Desira Ventimiglia, a minister's granddaughter, said Wednesday that she
used to give car rides to needy strangers.

It was a Christian duty, said the 34-year-old mother of two. "I used to
believe people were basically good."

Then the Lee's Summit woman gave a ride to Gary Rayburn. Now she says
strangers can walk.

On Wednesday, Ventimiglia testified at Rayburn's sentencing in Jackson
County Circuit Court. He tried to steal money from her and took her car on
Dec. 5. He pleaded guilty to those charges earlier this year, and in
exchange prosecutors dropped a kidnapping charge.

The victim asked for maximum prison time for Rayburn, 32, of Independence
and told her story:

She met Rayburn at a Lee's Summit convenience store. Then she took him to
his nearby apartment building. Once there, the heavily tattooed man told
her he had a gun and threatened to shoot her.

He demanded that she drive him to a house in Kansas City. There he leaned
out of the car window and asked a man for "a dime bag."

Ventimiglia and Rayburn didn't have any money.

"I was more scared then -- I felt he would get the drugs and drive off and
I'd have him and the others to deal with."

The dealers didn't let Rayburn near the drugs, and Rayburn told her to
drive off. He got more agitated, and she got more afraid.

She offered to get him money from an automated-teller machine at a Kansas
City convenience store. He waited outside in the car while she went inside.

Inside she called her husband on her cell phone. She called him instead of
police for one reason.

"I was afraid (Rayburn) was going to kill me and that would be my last
chance to tell my husband I loved him."

The ATM machine was broken. Rayburn then took her car keys and drove off.

The experience left Ventimiglia suffering from depression and diminished
her faith in humanity.

An assistant prosecutor asked Circuit Judge John R. O'Malley to sentence
Rayburn to 10 years.
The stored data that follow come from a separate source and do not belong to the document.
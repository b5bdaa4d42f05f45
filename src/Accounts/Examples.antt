-- ===== src/Accounts/Examples.antt =====
-- The deletion of an account of the older kind.
use cert_vault.Prelude.{none, [], ◌∷◌}
use cert_vault.Prelude.Outcome.{ok}
use cert_vault.Artifacts.{bytes_of}
use cert_vault.Files.{Disk, sound}
use cert_vault.Files.Examples.{library, storage}
use cert_vault.Accounts.{Codec, delete_account}
use cert_vault.Accounts.Deletion.{IsDeletion, delete_account-IsDeletion}

abbrev codec : Codec
codec = record {
  generate_key = ok (3 ∷ []);
  marshal_key = λ key. ok key;
  parse_key = λ key. ok key;
  marshal = λ wire. ok (7 ∷ []);
  parse = λ b.
      ok
        (record { directory_url = ""; email = "a@example.com"; key = 3 ∷ []; registration = none });
  sha256_hex = λ s. "00";
  quote = λ s. s;
  decode_hex = λ s. none;
}

abbrev disk : Disk
disk = sound (
    ("/data/accounts/account.json.enc", bytes_of "CV01nnkey")
    ∷ ("/data/accounts/00.json.enc", bytes_of "CV01nnkey")
    ∷ [])

delete_account-IsDeletion_example :
    IsDeletion library storage codec "https://acme.example/directory" "a@example.com" "account"
      disk.files
      (delete_account library storage codec "https://acme.example/directory" "a@example.com"
        "account" disk)
delete_account-IsDeletion_example =
    delete_account-IsDeletion library storage codec "https://acme.example/directory" "a@example.com"
      "account" disk
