-- ===== src/Accounts/Listing.antt =====
-- backend/service/acme_account.go, `ListAccounts`.
use Prim.Native.Nat.{Ordering}
use Prim.Native.String.{◌++◌, compare}
use cert_vault.Prelude.{
  String, Bool, true, false, not, ◌&&◌, ◌||◌, Option, none, some, List, [], ◌∷◌, ◌==◌,
  if◌then◌else◌,
}
use cert_vault.Prelude.Outcome.{Outcome, ok, err}
use cert_vault.Config.Texts.{has_suffix, trim_suffix}
use cert_vault.Files.{Disk, Reading, contents, not_exist, failed, read_path, Library, Storage}
use cert_vault.Accounts.{
  Account, Codec, suffix, parsed, account_file, path_of, normalized_directory_url,
}

abbrev same_flag : Bool → Bool → Bool
same_flag a b = (a && b) || (not a && not b)

-- does the first account come first? The current one is before the others.
unfoldable pub precedes : Account → Account → Bool
precedes a b =
    if same_flag a.current b.current
    then elim (compare a.directory_url b.directory_url) [ Ordering.lt ↦ true | _ ↦ false ]
    else a.current

unfoldable pub insert_account : Account → List Account → List Account
unfolding precedes
insert_account a [] = a ∷ []
insert_account a (b ∷ accounts) =
    let below = insert_account a accounts in if precedes b a then b ∷ below else a ∷ b ∷ accounts

-- `sort.Slice`, which leaves the order of equal ones open
unfoldable pub sort : List Account → List Account
unfolding insert_account
sort [] = []
sort (a ∷ accounts) = insert_account a (sort accounts)

module _ (lib : Library) (storage : Storage) (codec : Codec)
    (directory_url acme_email : String) where
  -- an account of the list, with what its file's name tells
  unfoldable pub named_account : (file : String) → Account → Account
  unfolding normalized_directory_url account_file
  named_account file account = record account {
    id = trim_suffix file suffix;
    current = file == (account_file lib storage codec directory_url acme_email);
    directory_url =
        if account.directory_url == ""
          && (file == (account_file lib storage codec directory_url acme_email))
        then normalized_directory_url directory_url
        else account.directory_url;
  }

  abbrev pub legible : Reading → Outcome String Account
  legible (contents b) = parsed lib storage codec directory_url acme_email b
  legible not_exist = err "file does not exist"
  legible (failed message) = err message

  abbrev pub add :
      Account → Outcome String (List Account) × Disk → Outcome String (List Account) × Disk
  add account (ok accounts, d) = (ok (account ∷ accounts), d)
  add account (err message, d) = (err message, d)

  abbrev pub listed_with :
      (file : String)
      → (Disk → Outcome String (List Account) × Disk)
      → Outcome String Account × Disk
      → Outcome String (List Account) × Disk
  listed_with file others (ok account, d) = add (named_account file account) (others d)
  listed_with file others (err message, d) =
      (err ("read ACME account " ++ (codec.quote file ++ (": " ++ message))), d)

  -- the loop over the directory's entries, each a name and whether it is a directory
  unfoldable pub list_entries : List (String × Bool) → Disk → Outcome String (List Account) × Disk
  unfolding named_account read_path path_of has_suffix
  list_entries [] d = (ok [], d)
  list_entries ((file, is_directory) ∷ entries) d =
      let (r, after) = read_path (path_of lib storage codec directory_url acme_email file) d in
      let skipped = list_entries entries d in
      let read = listed_with file (list_entries entries) (legible r, after) in
      if is_directory || not (has_suffix file suffix) then skipped else read

  abbrev pub sorted : Outcome String (List Account) × Disk → Outcome String (List Account) × Disk
  sorted (ok accounts, d) = (ok (sort accounts), d)
  sorted (err message, d) = (err message, d)

  -- `ListAccounts`; `entries` is what os.ReadDir gives, and `none` if there is no directory
  unfoldable pub list_accounts :
      Outcome String (Option (List (String × Bool))) → Disk → Outcome String (List Account) × Disk
  unfolding list_entries sort
  list_accounts (err message) d = (err message, d)
  list_accounts (ok none) d = (ok [], d)
  list_accounts (ok (some entries)) d = sorted (list_entries entries d)
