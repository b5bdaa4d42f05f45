-- ===== src/Audits.antt =====
-- backend/database/repository/audit_repository.go: the audit log. The source's text search by LIKE
-- is SQLite's own and is left out.
pub mod Retention
pub mod Mutation
mod Examples
use cert_vault.Prelude.{
  ℕ, String, Bool, true, ◌&&◌, ◌||◌, Option, none, some, List, [], ◌∷◌, ltb, count_if,
}
use cert_vault.Prelude.Outcome.{Outcome, ok, err}
use cert_vault.Database.{Time, Database, AuditRow}
use cert_vault.Database.Exec.{Exec, pure, statement, write}
use cert_vault.Database.Rows.{insert, next_id, delete, on_rows}

abbrev pub new_audit : ℕ → Time → String → String → String → String → String → AuditRow
new_audit id now actor action resource detail ip = record {
  id = id;
  at = now;
  actor = actor;
  action = action;
  resource = resource;
  detail = detail;
  ip = ip;
}

-- `recordAudit`, which `Record` calls outside a transaction
unfoldable pub record_audit : Time → String → String → String → String → String → Exec (Unit {0})
record_audit now actor action resource detail ip = write (λ db. record db {
  audits = insert (new_audit (next_id db.audits) now actor action resource detail ip) db.audits;
})

pub record AuditMetadata : Type 0 where
  pub actor : String
  pub ip : String

-- `metadata` is variadic in the source, and only its first element is read.
unfoldable pub record_mutation_audit : Time → List AuditMetadata → String → String → Exec (Unit {0})
unfolding pure
record_mutation_audit now [] action resource = pure tt
record_mutation_audit now (m ∷ more) action resource =
    record_audit now m.actor action resource "" m.ip

unfoldable pub older : Time → AuditRow → Bool
older cutoff row = ltb row.at cutoff

-- the number of rows that are gone
unfoldable pub delete_before : Time → Exec ℕ
delete_before cutoff = statement (λ db. (
  ok (count_if (older cutoff) db.audits.rows),
  record db { audits = on_rows (delete (older cutoff)) db.audits },
))
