-- ===== src/ApiKeys/Split.antt =====
-- `strings.Split(token, ".")`.
use Prim.Native.Char.{Char, code}
use Prim.Native.String.{String}
use mathlib.Core.Path.{◌≡◌, refl}
use mathlib.Core.List.{List, [], ◌∷◌}
use mathlib.Core.Bool.{Bool, true, ◌&&◌, not}
use cert_vault.Prelude.{arith, eqb, if◌then◌else◌}

abbrev on_head : Char → List String → List String
on_head c [] = String.◌∷◌ c String.[] ∷ []
on_head c (s ∷ parts) = String.◌∷◌ c s ∷ parts

unfoldable pub split_dots : String → List String
split_dots String.[] = String.[] ∷ []
split_dots (String.◌∷◌ c s) =
    let parts = split_dots s in if eqb (code c) b'.' then String.[] ∷ parts else on_head c parts

unfoldable pub no_dot : String → Bool
no_dot String.[] = true
no_dot (String.◌∷◌ c s) = not (eqb (code c) b'.') && no_dot s

split_one : (s : String) → no_dot s ≡ true → split_dots s ≡ s ∷ []
unfolding split_dots no_dot
split_one String.[] h = refl
split_one (String.◌∷◌ c s) h = ground (arith, split_one s)

test_split : split_dots "a.b" ≡ "a" ∷ "b" ∷ []
unfolding split_dots
test_split = refl
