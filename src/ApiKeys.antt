-- ===== src/ApiKeys.antt =====
-- backend/database/repository/api_key_repository.go and `Principal` of models.go. What the source
-- takes from crypto/rand (`prefix`, `secret`) and from crypto/sha256 (`sha256_hex`) are arguments.
pub mod Split
pub mod Access
pub mod Holder
pub mod Authentication
pub mod Lifecycle
pub mod Deletion
mod Examples
use mathlib.Core.Option
use Prim.Native.Nat.{Ordering}
use Prim.Native.String.{compare}
use cert_vault.Prelude.{
  ℕ, ◌+◌, String, Bool, true, false, not, ◌&&◌, ◌||◌, Option, none, some, List, [], ◌∷◌, map, ltb,
  eqb, ◌==◌, if◌then◌else◌, contains, select, any,
}
use cert_vault.Prelude.Outcome.{Outcome, ok, err}
use cert_vault.Database.{
  Time, minute, Database, ApiKeyRow, AccessRow, CertificateRow, Error, duplicated_key, not_found,
  invalid_api_key, api_key_not_revoked, certificate_does_not_exist, Connection,
}
use cert_vault.Database.Exec.{Exec, pure, raise, statement, query, write, transaction, ◌>>=◌, ◌>>◌}
use cert_vault.Database.Rows.{first, update, delete, insert, next_id, on_rows, or_not_found}
use cert_vault.Database.Find.{find_certificate, certificate_name}
use cert_vault.Audits.{AuditMetadata, record_mutation_audit}
use Split.{split_dots}

pub record Principal : Type 0 where
  pub key_id : ℕ
  pub name : String
  pub scopes : List String
  pub certificates : List String
  pub all_certificates : Bool

-- `Principal.Allows`
unfoldable pub allows : Principal → String → String → Bool
allows p scope certificate =
    if not (contains p.scopes scope) && not (contains p.scopes "*")
    then false
    else certificate == "" || p.all_certificates || contains p.certificates certificate

abbrev text_le : String → String → Bool
text_le a b = elim (compare a b) [ Ordering.gt ↦ false | _ ↦ true ]

pub insert_sorted : String → List String → List String
insert_sorted a [] = a ∷ []
insert_sorted a (b ∷ rest) =
    let later = insert_sorted a rest in if text_le a b then a ∷ b ∷ rest else b ∷ later

-- `sort.Strings`
unfoldable pub sort_strings : List String → List String
unfolding insert_sorted
sort_strings [] = []
sort_strings (a ∷ rest) = insert_sorted a (sort_strings rest)

-- The loop of `normalizeCertificateAccess`; `none` where it meets "*".
unfoldable pub unique_names : List String → List String → Option (List String)
unique_names seen [] = some seen
unique_names seen (certificate ∷ certificates) =
    let rest =
      unique_names (if contains seen certificate then seen else certificate ∷ seen) certificates in
    if certificate == "*" then none else rest

abbrev access_of : Option (List String) → Bool × List String
access_of none = (true, [])
access_of (some names) = (false, sort_strings names)

unfoldable pub normalize_certificate_access : List String → Bool × List String
unfolding unique_names sort_strings
normalize_certificate_access certificates = access_of (unique_names [] certificates)

unfoldable pub key_by_prefix : String → ApiKeyRow → Bool
key_by_prefix prefix row = prefix == "" || row.prefix == prefix

unfoldable pub key_by_id : ℕ → ApiKeyRow → Bool
key_by_id id row = eqb row.id id

-- `prefix` has a unique index.
unfoldable pub create_key : ApiKeyRow → Database → Outcome Error ApiKeyRow × Database
create_key row db =
    if any (λ r. r.prefix == row.prefix) db.api_keys.rows
    then (err duplicated_key, db)
    else (ok row, record db { api_keys = insert row db.api_keys })

-- The two columns are the primary key.
unfoldable pub create_access : AccessRow → Database → Outcome Error Unit × Database
create_access row db =
    if any (λ r. eqb r.api_key_id row.api_key_id && eqb r.certificate_id row.certificate_id)
      db.access
    then (err duplicated_key, db)
    else (ok tt, record db { access = row ∷ db.access })

-- one round of the loop over the names
pub name_not_found :
    String → Outcome Error CertificateRow × Connection → Outcome Error CertificateRow × Connection
name_not_found name (err not_found, c) = (err (certificate_does_not_exist name), c)
name_not_found name (r, c) = (r, c)

pub find_for_access : String → Exec CertificateRow
unfolding name_not_found
find_for_access name c = name_not_found name (find_certificate name c)

unfoldable pub grant : ℕ → List String → Exec (Unit {0})
unfolding find_for_access
grant key [] = pure tt
grant key (name ∷ names) = do
  certificate ← find_for_access name
  statement (create_access (record { api_key_id = key; certificate_id = certificate.id }))
  grant key names

-- `APIKey` of models.go
pub record ApiKey : Type 0 where
  pub id : ℕ
  pub name : String
  pub prefix : String
  pub scopes : List String
  pub certificates : List String
  pub created_at : Time
  pub last_used_at : Option Time
  pub last_used_ip : String
  pub expires_at : Option Time
  pub revoked : Bool

abbrev dot : String → String → String
dot a b = Prim.Native.String.◌++◌ a (Prim.Native.String.◌++◌ "." b)

module _ (sha256_hex : String → String) where
  -- the row before it has an id
  abbrev pub new_key :
      ℕ → String → String → String → List String → Bool → Time → Option Time → ApiKeyRow
  new_key id name prefix token scopes all now expires = record {
    id = id;
    name = name;
    prefix = prefix;
    secret_hash = sha256_hex token;
    scopes = scopes;
    all_certificates = all;
    created_at = now;
    last_used_at = none;
    last_used_ip = "";
    expires_at = expires;
    revoked = false;
  }

  unfoldable pub create_body :
      String
      → String
      → String
      → List String
      → Bool × List String
      → Time
      → Option Time
      → List AuditMetadata
      → Exec ApiKeyRow
  create_body name prefix token scopes (all, names) now expires metadata = do
    model ← statement (λ db.
        create_key (new_key (next_id db.api_keys) name prefix token scopes all now expires) db)
    grant model.id names
    record_mutation_audit now metadata "api_key.create" model.name
    pure model

  abbrev visible : Bool × List String → List String
  visible (true, names) = "*" ∷ []
  visible (false, names) = names

  -- `prefix_hex` is the hexadecimal text of five random bytes, `secret` the base64 text of 32.
  unfoldable pub create :
      String
      → String
      → String
      → List String
      → List String
      → Time
      → Option Time
      → List AuditMetadata
      → Exec (ApiKey × String)
  create prefix_hex secret name scopes certificates now expires metadata =
      let prefix = Prim.Native.String.◌++◌ "cv_live_" prefix_hex in
      let token = dot prefix secret in
      let access = normalize_certificate_access certificates in
      do
        model ← transaction (create_body name prefix token scopes access now expires metadata)
        pure (
          record {
            id = model.id;
            name = name;
            prefix = prefix;
            scopes = scopes;
            certificates = visible access;
            created_at = now;
            last_used_at = none;
            last_used_ip = "";
            expires_at = expires;
            revoked = false;
          },
          token,
        )

  -- `ExpiresAt.Before(now)`
  abbrev pub expired : Option Time → Time → Bool
  expired none now = false
  expired (some t) now = ltb t now

  -- the refusal after the key has been found
  unfoldable pub refused : ApiKeyRow → String → Time → Bool
  refused row token now =
      not (row.secret_hash == sha256_hex token) || row.revoked || expired row.expires_at now

  -- not used within the last minute: `LastUsedAt == nil || !LastUsedAt.After(now - 1m)`
  abbrev pub stale : Option Time → Time → Bool
  stale none now = true
  stale (some t) now = not (ltb now (t + minute))

  unfoldable pub sample_usage : ℕ → Time → String → Database → Database
  sample_usage id now ip db = record db {
    api_keys =
        on_rows
          (update (λ r. eqb r.id id && stale r.last_used_at now)
            (λ r. record r { last_used_at = some now; last_used_ip = ip }))
          db.api_keys;
  }

  -- a failure to write the usage is only logged
  pub ignore_error : Outcome Error (Unit {0}) × Connection → Outcome Error (Unit {0}) × Connection
  ignore_error (r, c) = (ok tt, c)

  pub update_usage : ApiKeyRow → Time → String → Exec (Unit {0})
  unfolding ignore_error
  update_usage row now ip =
      if stale row.last_used_at now
      then (λ c. ignore_error (write (sample_usage row.id now ip) c))
      else pure tt

  pub principal_of : ApiKeyRow → List String → Principal
  principal_of row certificates = record {
    key_id = row.id;
    name = row.name;
    scopes = row.scopes;
    certificates = certificates;
    all_certificates = row.all_certificates;
  }

  abbrev pub invalid_if_err :
      {A : Type 0} → Outcome Error A × Connection → Outcome Error A × Connection
  invalid_if_err (ok a, c) = (ok a, c)
  invalid_if_err (err e, c) = (err invalid_api_key, c)

  -- `certificateNames`, on the rows that `Preload("CertificateAccess.Certificate")` brings in
  unfoldable pub certificate_names : List AccessRow → Database → List String
  certificate_names rows db = sort_strings (map (λ a. certificate_name db a.certificate_id) rows)

  -- the second statement of the preload, which an empty list does not need
  pub preload_certificates : List AccessRow → Exec (List String)
  preload_certificates [] = pure []
  preload_certificates (a ∷ rows) = query (λ db. ok (certificate_names (a ∷ rows) db))

  pub preload_access : ApiKeyRow → Exec (ApiKeyRow × List String)
  unfolding preload_certificates
  preload_access row = do
    rows ← query (λ db. ok (select (λ a. eqb a.api_key_id row.id) db.access))
    names ← preload_certificates rows
    pure (row, names)

  pub first_key : String → Exec (ApiKeyRow × List String)
  unfolding preload_access
  first_key prefix = do
    row ← query (λ db. or_not_found (first (key_by_prefix prefix) db.api_keys.rows))
    preload_access row

  pub find_key : String → Exec (ApiKeyRow × List String)
  unfolding first_key
  find_key prefix c = invalid_if_err (first_key prefix c)

  pub check_key : String → String → Time → ApiKeyRow × List String → Exec Principal
  unfolding update_usage principal_of
  check_key token ip now (row, certificates) =
      if refused row token now
      then raise invalid_api_key
      else (do update_usage row now ip; pure (principal_of row certificates))

  pub authenticate_parts : List String → String → String → Time → Exec Principal
  unfolding find_key check_key
  authenticate_parts (prefix ∷ secret ∷ []) token ip now = do
    found ← find_key prefix
    check_key token ip now found
  authenticate_parts parts token ip now = raise invalid_api_key

  unfoldable pub authenticate : String → String → Time → Exec Principal
  unfolding authenticate_parts
  authenticate token ip now = authenticate_parts (split_dots token) token ip now

pub as_revoked : ApiKeyRow → ApiKeyRow
as_revoked row = record row { revoked = true }

unfoldable pub revoke_body : ℕ → Time → List AuditMetadata → Exec String
unfolding as_revoked
revoke_body id now metadata = do
  row ← query (λ db. or_not_found (first (key_by_id id) db.api_keys.rows))
  write (λ db. record db { api_keys = on_rows (update (key_by_id row.id) as_revoked) db.api_keys })
  record_mutation_audit now metadata "api_key.revoke" row.name
  pure row.name

unfoldable pub revoke : ℕ → Time → List AuditMetadata → Exec String
revoke id now metadata = transaction (revoke_body id now metadata)

pub delete_revoked : ApiKeyRow → Time → List AuditMetadata → Exec String
delete_revoked row now metadata =
    if row.revoked
    then (do
      write (λ db. record db { access = delete (λ a. eqb a.api_key_id row.id) db.access })
      write (λ db. record db { api_keys = on_rows (delete (key_by_id row.id)) db.api_keys })
      record_mutation_audit now metadata "api_key.delete" row.name
      pure row.name)
    else raise api_key_not_revoked

unfoldable pub delete_body : ℕ → Time → List AuditMetadata → Exec String
unfolding delete_revoked
delete_body id now metadata = do
  row ← query (λ db. or_not_found (first (key_by_id id) db.api_keys.rows))
  delete_revoked row now metadata

-- `Delete`
unfoldable pub delete_key : ℕ → Time → List AuditMetadata → Exec String
delete_key id now metadata = transaction (delete_body id now metadata)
She noted Rayburn's prior domestic violence attacks on
women and past convictions that include burglary and car theft.

Rayburn told the judge he was a cocaine addict and did not remember much of
what happened that night. He asked for a sentence of no more than five years.

O'Malley sentenced him to nine years and told the victim she was fortunate
to have survived the 25 other car rides she gave strangers.

"In the society we're living in now, you just can't do this," he said. "You
should be afraid."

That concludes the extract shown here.